# Norwegian: New Year's Eve



## Grefsen

I'd like to know what the *norsk* translation is for 'New Year's Eve at midnight.'  Is it *'Nyttårs aften p**å midnatt*' eller '*Nytt**års kveld p**å midnatt'* or perhaps something else?

Sorry if this topic has been discussed before.  I just did a search of the forum and was quite surprised not to find any results.


----------



## Pteppic

The preposition is *ved*, so it's *nyttårsaften ved midnatt* - note the words that are written together (and that the word in Norwegian is a regular noun, so it's not capitalised unless placed at the beginning of a sentence). All the religiously significant eves are *aftener*: *Julaften* (Christmas Eve), *nyttårsaften* (New Year's Eve), *påskeaften* (Holy Saturday, literally "Easter Eve"), *pinseaften* (the day before Pentecost), *St. Hansaften* (St John's Eve), *allehelgensaften* (All Hallow's Eve/Halloween, although the English term is probably more frequent), and so on. Plus the various "little" eves (most notably *lille julaften* on 23 December).


----------



## Grefsen

Pteppic said:


> The preposition is *ved*, so it's *nyttårsaften ved midnatt* - note the words that are written together (and that the word in Norwegian is a regular noun, so it's not capitalised unless placed at the beginning of a sentence).



*Tusen takk* for your very informative reply *Pteppic*.  

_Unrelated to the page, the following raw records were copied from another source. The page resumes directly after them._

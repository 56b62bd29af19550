-- ===== src/Runner/Replay.antt =====
-- The replay of src/application/services/paper_runner.py: stored candles are processed again, and each
-- event is compared with the persisted one.
use self_evaluating_trading.Common.{
  ℕ, ◌==◌, Bool, true, false, not, ◌&&◌, Option, none, some, List, [], ◌∷◌, String, str_eq,
  if◌then◌else◌,
}
use self_evaluating_trading.Floating.{Floating, max}
use self_evaluating_trading.Trading.{Action, is_buy, is_sell}
use self_evaluating_trading.Risk.Engine.{Reason}
use self_evaluating_trading.Market.Candle.{Candle}
use self_evaluating_trading.Market.Regime.{MarketRegime}
use self_evaluating_trading.Confirmation.{same_regime}
use self_evaluating_trading.Strategy.{reason_text}
use self_evaluating_trading.Paper.{ExitReason}
use self_evaluating_trading.Events.{PaperTradeEvent, DecisionContext}
use self_evaluating_trading.Runner.{Runner, RunnerError, Processed, process, set_last}

abbrev reason_code : Reason → ℕ
reason_code Reason.nothing = 0
reason_code Reason.kill_switch = 1
reason_code Reason.max_drawdown = 2
reason_code Reason.no_op = 3
reason_code Reason.no_position_to_reduce = 4
reason_code Reason.reduce = 5
reason_code Reason.max_daily_loss = 6
reason_code Reason.max_open_positions = 7
reason_code Reason.stop_unavailable = 8
reason_code Reason.zero_size = 9
reason_code Reason.ok_unstopped = 10
reason_code Reason.ok = 11

abbrev exit_code : ExitReason → ℕ
exit_code ExitReason.nothing = 0
exit_code ExitReason.trailing_stop = 1
exit_code ExitReason.stop_loss = 2
exit_code ExitReason.take_profit = 3
exit_code ExitReason.llm_sell = 4

unfoldable pub same_optional : Option MarketRegime → Option MarketRegime → Bool
same_optional none none = true
same_optional (some a) (some b) = same_regime a b
same_optional _ _ = false

abbrev same_flag : Bool → Bool → Bool
same_flag true b = b
same_flag false b = not b

-- The comparison of the texts that the events have for their action and reasons.
unfoldable pub same_action : Action → Action → Bool
same_action a b = same_flag (is_buy a) (is_buy b) && same_flag (is_sell a) (is_sell b)

unfoldable pub same_reason : Reason → Reason → Bool
same_reason a b = reason_code a == reason_code b

unfoldable pub same_exit : ExitReason → ExitReason → Bool
same_exit a b = exit_code a == exit_code b

-- The persisted events by symbol, timeframe and timestamp.
abbrev pub Store : Type 0 → Type 0
Store F = String → String → ℕ → Option (PaperTradeEvent F)

-- A candle to replay, with its symbol and the label of its timeframe.
abbrev pub Input : Type 0 → Type 0
Input F = String × String × Candle F

module _ {F : Type 0} ⦃fl : Floating F⦄ where
  open fl use {lit, sub, mul, abs, lt, le}

  -- `_floats_close`
  unfoldable pub close_enough : F → F → F → Bool
  close_enough tol a b = le (abs (sub a b)) (mul tol (max (max (lit 1 0) (abs a)) (abs b)))

  unfoldable pub floats_close : F → Option F → Option F → Bool
  floats_close tol none none = true
  floats_close tol (some a) (some b) = close_enough tol a b
  floats_close tol _ _ = false

  -- The snapshots' comparison refuses a difference that is greater than the tolerance.
  unfoldable pub values_agree : F → Option F → Option F → Bool
  values_agree tol none none = true
  values_agree tol (some a) (some b) =
      not (lt (mul tol (max (max (lit 1 0) (abs a)) (abs b))) (abs (sub a b)))
  values_agree tol _ _ = false

  unfoldable pub contexts_equivalent :
      F → Option (DecisionContext F) → Option (DecisionContext F) → Bool
  contexts_equivalent tol none none = true
  contexts_equivalent tol (some a) (some b) =
      str_eq (reason_text a.signal_reason) (reason_text b.signal_reason)
      && same_optional a.regime b.regime
      && values_agree tol a.atr b.atr
      && values_agree tol a.ema_fast b.ema_fast
      && values_agree tol a.ema_slow b.ema_slow
      && values_agree tol a.rsi b.rsi
  contexts_equivalent tol _ _ = false

  unfoldable pub events_equivalent : F → PaperTradeEvent F → PaperTradeEvent F → Bool
  events_equivalent tol a b =
      same_action a.action b.action
      && same_flag a.filled b.filled
      && same_reason a.risk_reason b.risk_reason
      && same_exit a.exit_reason b.exit_reason
      && same_flag a.kill_switch_active b.kill_switch_active
      && floats_close tol a.exec_price b.exec_price
      && floats_close tol a.quantity b.quantity
      && close_enough tol a.fee b.fee
      && close_enough tol a.slippage_cost b.slippage_cost
      && close_enough tol a.equity b.equity
      && contexts_equivalent tol a.decision_context b.decision_context

  -- The check of a replayed event against the persisted one.
  unfoldable pub check_event : PaperTradeEvent F → Option (PaperTradeEvent F) → Option RunnerError
  check_event e none = some RunnerError.recovery_gap
  check_event e (some expected) =
      if events_equivalent (lit 1 9) e expected then none else some RunnerError.recovery_divergence

  -- What a processed candle is replayed to: an error, or none.
  unfoldable pub check_processed : Processed F → Option (PaperTradeEvent F) → Option RunnerError
  unfolding check_event
  check_processed (Processed.failed e) expected = some e
  check_processed (Processed.event e) expected = check_event e expected

  -- `self._last_candle[...] = candle`, which an exception of `_process` leaves out.
  unfoldable pub remember : String → String → Candle F → Processed F → Runner F → Runner F
  remember symbol tf c (Processed.event e) r = record r {
    last_candle = set_last symbol tf c r.last_candle;
  }
  remember symbol tf c (Processed.failed e) r = r

  -- An exception ends the replay; otherwise the rest is replayed.
  unfoldable pub or_stop :
      Option RunnerError → Runner F → Option RunnerError × Runner F → Option RunnerError × Runner F
  or_stop none r later = later
  or_stop (some e) r later = (some e, r)

  -- `replay`; `none` is that it returned.
  unfoldable pub replay : List (Input F) → Store F → Runner F → Option RunnerError × Runner F
  replay [] persisted r = (none, r)
  replay ((symbol, tf, c) ∷ rest) persisted r =
      let (p, r') = process symbol tf c r in
      let s = remember symbol tf c p r' in
      let later = replay rest persisted s in
      or_stop (check_processed p (persisted symbol tf c.timestamp_ms)) s later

Initially I thought* 'aften' *should be used instead of *'kveld,'* but started to have some doubts when both of the *ordbøker* I frequently use gave 'eve' and 'evening' as the translations for *'kveld.'*


----------



## missTK

"Kveld" is the common word for evening, but in this special case it is usually "aften". "Aften" is originally Danish, and rarely heard anymore except in some set expressions.

"Nyttårskveld(en)" is unusual, but would certainly be understood. "Julekvelden" is more common. Even more information, because I got curious: Numbers of Google hits gives a 1 : 3 proportion of julekveld(en) : julaften, nyttårskveld(en) : nyttårsaften is closer to 1 : 60)


----------



## oskhen

"Julaften" is now used of the December 24.th, the whole day. "Julekvelden" is the eve of "Julaften". No, it doesn't make very much sense.


----------



## Grefsen

oskhen said:


> "Julaften" is now used of the December 24.th, the whole day. "Julekvelden" is the eve of "Julaften". No, it doesn't make very much sense.

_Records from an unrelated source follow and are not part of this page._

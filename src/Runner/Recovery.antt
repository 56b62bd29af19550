-- ===== src/Runner/Recovery.antt =====
-- A live session of src/application/services/paper_runner.py against its replay.
use self_evaluating_trading.Common.{
  ◌≡◌, refl, ◌∙◌, ap, sym, subst, arith, Bool, true, false, Option, none, some, List, [], ◌∷◌, ◌++◌,
  map, String, All,
}
use self_evaluating_trading.Floating.{Floating}
use self_evaluating_trading.Market.Candle.{Candle, Timeframe, label}
use self_evaluating_trading.Market.Regime.{MarketRegime}
use self_evaluating_trading.Market.Indicators.{AtrTracker}
use self_evaluating_trading.Confirmation.{Tracker}
use self_evaluating_trading.Strategy.{Signal}
use self_evaluating_trading.Paper.{Engine, Outcome, raised, done}
use self_evaluating_trading.Events.{PaperTradeEvent}
use self_evaluating_trading.Runner.{
  Runner, Processed, process, process_regime, process_atr, finish, set_last,
}
use self_evaluating_trading.Runner.Handler.{Admission, admit, handle_candle, handle_admitted}
use self_evaluating_trading.Runner.Replay.{
  Store, Input, replay, remember, or_stop, check_processed, check_event, events_equivalent,
}

-- What the last candles are by symbol and timeframe.
abbrev pub Lasts : Type 0 → Type 0
Lasts F = String → String → Option (Candle F)

-- A confirmed candle as it arrives, with its symbol and timeframe.
abbrev pub Arrival : Type 0 → Type 0
Arrival F = String × Timeframe × Candle F

-- A candle that was accepted, and what it was processed to.
abbrev pub Entry : Type 0 → Type 0
Entry F = Input F × Processed F

module _ {F : Type 0} ⦃fl : Floating F⦄ where
  abbrev put : Lasts F → Processed F × Runner F → Processed F × Runner F
  put d (p, r) = (p, record r { last_candle = d })

  finish-put :
      (d : Lasts F) (symbol tf : String) (c : Candle F) (sig : Signal) (a : Option F)
      (g : Option MarketRegime) (r : Runner F) (o : Outcome F × Engine F)
      → finish symbol tf c sig a g (record r { last_candle = d }) o
        ≡ put d (finish symbol tf c sig a g r o)
  unfolding finish
  finish-put d symbol tf c sig a g r (raised f, eng) = refl
  finish-put d symbol tf c sig a g r (done e, eng) = refl

  process_atr-put :
      (d : Lasts F) (symbol tf : String) (c : Candle F) (sig : Signal) (g : Option MarketRegime)
      (r : Runner F) (o : Option (AtrTracker F))
      → process_atr symbol tf c sig g (record r { last_candle = d }) o
        ≡ put d (process_atr symbol tf c sig g r o)
  unfolding process_atr
  process_atr-put d symbol tf c sig g r none = refl
  process_atr-put d symbol tf c sig g r (some tracker) = finish-put d symbol tf c sig _ g _ _

  process_regime-put :
      (d : Lasts F) (symbol tf : String) (c : Candle F) (g : Option MarketRegime) (r : Runner F)
      (o : Option Tracker)
      → process_regime symbol tf c g (record r { last_candle = d }) o
        ≡ put d (process_regime symbol tf c g r o)
  unfolding process_regime
  process_regime-put d symbol tf c g r none = refl
  process_regime-put d symbol tf c g r (some tracker) = process_atr-put d symbol tf c _ g _ _

  -- `_process` neither reads nor writes the last candles.
  process-put :
      (d : Lasts F) (symbol tf : String) (c : Candle F) (r : Runner F)
      → process symbol tf c (record r { last_candle = d }) ≡ put d (process symbol tf c r)
  unfolding process
  process-put d symbol tf c r = process_regime-put d symbol tf c _ _ _

  abbrev accepted : Admission → Input F → Option (Processed F) → List (Entry F)
  accepted Admission.fresh i (some p) = (i, p) ∷ []
  accepted _ i o = []

  -- The candles that a session of calls of `handle_candle` accepts, with what they are processed to,
  -- and the runner at its end. A call that is refused or fails leaves the session going on.
  unfoldable pub session : List (Arrival F) → Runner F → List (Entry F) × Runner F
  session [] r = ([], r)
  session ((symbol, tf, c) ∷ rest) r =
      let l = label tf in
      let (o, r') = handle_candle symbol tf c r in
      let (es, final) = session rest r' in
      (accepted (admit c (r.last_candle symbol l)) (symbol, l, c) o ++ es, final)

  -- The event of an entry, and a persisted event that is equivalent to it.
  abbrev pub has_equivalent : Processed F → Option (PaperTradeEvent F) → Bool
  has_equivalent (Processed.event e) (some x) = events_equivalent (fl.lit 1 9) e x
  has_equivalent _ _ = false

  unfoldable pub is_persisted : Store F → Entry F → Bool
  is_persisted persisted ((symbol, tf, c), p) =
      has_equivalent p (persisted symbol tf c.timestamp_ms)

  abbrev pub input_of : Entry F → Input F
  input_of (i, p) = i

  -- The runner after a candle, as the handler and the replay leave it.
  abbrev pub advanced : String → String → Candle F → Runner F → Runner F
  advanced symbol tf c r = record (process symbol tf c r).1 {
    last_candle = set_last symbol tf c r.last_candle;
  }

  process-last_candle :
      (symbol tf : String) (c : Candle F) (r : Runner F)
      → (process symbol tf c r).1.last_candle ≡ r.last_candle
  process-last_candle symbol tf c r =
      ap (λ (q : Processed F × Runner F). q.1.last_candle) (process-put r.last_candle symbol tf c r)

  pub handle_fresh :
      (symbol tf : String) (c : Candle F) (r : Runner F)
      → handle_admitted Admission.fresh symbol tf c r
        ≡ (some (process symbol tf c r).0, advanced symbol tf c r)
  unfolding handle_admitted
  handle_fresh symbol tf c r =
      ap (λ (q : Processed F × Runner F). (some q.0, q.1))
        (process-put (set_last symbol tf c r.last_candle) symbol tf c r)

  replay_checked :
      (persisted : Store F) (symbol tf : String) (c : Candle F) (rest : List (Input F))
      (d : Lasts F) (q : Processed F × Runner F) (o : Option (PaperTradeEvent F))
      → has_equivalent q.0 o ≡ true
      → q.1.last_candle ≡ d
      → or_stop
          (check_processed q.0 o)
          (remember symbol tf c q.0 q.1)
          (replay rest persisted (remember symbol tf c q.0 q.1))
        ≡ replay rest persisted (record q.1 { last_candle = set_last symbol tf c d })
  unfolding check_processed check_event or_stop remember
  replay_checked persisted symbol tf c rest d (Processed.event e, r) (some x) h eq =
      rw h (ap (λ d. replay rest persisted (record r { last_candle = set_last symbol tf c d })) eq)
  replay_checked persisted symbol tf c rest d (Processed.event e, r) none h eq = ground arith
  replay_checked persisted symbol tf c rest d (Processed.failed e, r) o h eq = ground arith

  pub replay_step :
      (persisted : Store F) (symbol tf : String) (c : Candle F) (rest : List (Input F))
      (r : Runner F)
      → is_persisted persisted ((symbol, tf, c), (process symbol tf c r).0) ≡ true
      → replay ((symbol, tf, c) ∷ rest) persisted r ≡ replay rest persisted (advanced symbol tf c r)
  unfolding replay is_persisted
  replay_step persisted symbol tf c rest r h =
      replay_checked persisted symbol tf c rest r.last_candle (process symbol tf c r) _ h
        (process-last_candle symbol tf c r)

  -- That the replay of a log ends without an exception and in a given runner.
  abbrev Recovers : Store F → Runner F → List (Entry F) × Runner F → Type 0
  Recovers persisted r (log, final) = replay (map input_of log) persisted r ≡ (none, final)

  abbrev AllPersisted : Store F → List (Entry F) × Runner F → Type 0
  AllPersisted persisted (log, final) = All (λ e. is_persisted persisted e ≡ true) log

  -- What a session logs at one admission of its first candle.
  abbrev logged :
      Admission
      → String
      → String
      → Candle F
      → List (Arrival F)
      → Option (Processed F) × Runner F
      → List (Entry F) × Runner F
  logged a symbol tf c rest q =
      let (es, final) = session rest q.1 in (accepted a (symbol, tf, c) q.0 ++ es, final)

  recovery_step :
      (persisted : Store F) (symbol tf : String) (c : Candle F) (rest : List (Arrival F))
      (r : Runner F) (a : Admission)
      → ((s : Runner F)
          → AllPersisted persisted (session rest s)
          → Recovers persisted s (session rest s))
      → AllPersisted persisted (logged a symbol tf c rest (handle_admitted a symbol tf c r))
      → Recovers persisted r (logged a symbol tf c rest (handle_admitted a symbol tf c r))
  unfolding handle_admitted
  recovery_step persisted symbol tf c rest r Admission.fresh ih h =
      subst
        (λ q.
          AllPersisted persisted (logged Admission.fresh symbol tf c rest q)
          → Recovers persisted r (logged Admission.fresh symbol tf c rest q))
        (sym (handle_fresh symbol tf c r))
        (λ g. replay_step persisted symbol tf c _ r g.0 ∙ ih (advanced symbol tf c r) g.1) h
  recovery_step persisted symbol tf c rest r Admission.duplicate ih h = ih r h
  recovery_step persisted symbol tf c rest r (Admission.refused e) ih h = ih r h

  -- Whatever candles arrive, duplicates and refused ones included: if every candle that a session
  -- accepts is processed to an event and the persisted event at its symbol, timeframe and timestamp is
  -- equivalent to that event, then the replay of the accepted candles from the session's first state
  -- raises nothing and ends in the very state in which the session ended.
  pub replay-session :
      (persisted : Store F) (arrivals : List (Arrival F)) (r : Runner F)
      → All (λ e. is_persisted persisted e ≡ true) (session arrivals r).0
      → replay (map input_of (session arrivals r).0) persisted r ≡ (none, (session arrivals r).1)
  unfolding session handle_candle replay
  replay-session persisted [] r h = refl
  replay-session persisted ((symbol, tf, c) ∷ rest) r h =
      recovery_step persisted symbol (label tf) c rest r _ (replay-session persisted rest) h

*Tusen takk for hjelpen oskhen, missTK, og Pteppic.  

Jeg ønsker alle sammen en god julekveld!!  *


----------



## oskhen

Grefsen said:


> *Tusen takk for hjelpen oskhen, missTK, og Pteppic. *
> 
> *Jeg ønsker alle sammen en god julekveld!! *


 
Takk i lige måde


----------



## Grefsen

Pteppic said:


> The preposition is *ved*, so it's *nyttårsaften ved midnatt...*



*Tusen takk igjen for hjelpen Pteppic. * 

If I want to write *på norsk* that I will be doing something 'on New Year's Eve at midnight' would it be *'på **nyttårsaften ved midnatt?'*

*På forh**ånd takk for hjelpen.   *


----------



## oskhen

Grefsen said:


> *Tusen takk igjen for hjelpen Pteppic. *
> 
> If I want to write *på norsk* that I will be doing something 'on New Year's Eve at midnight' would it be *'på **nyttårsaften ved midnatt?'*
> 
> *På forh**ånd takk for hjelpen.  *


 
This might be late, but yes, that would work.


----------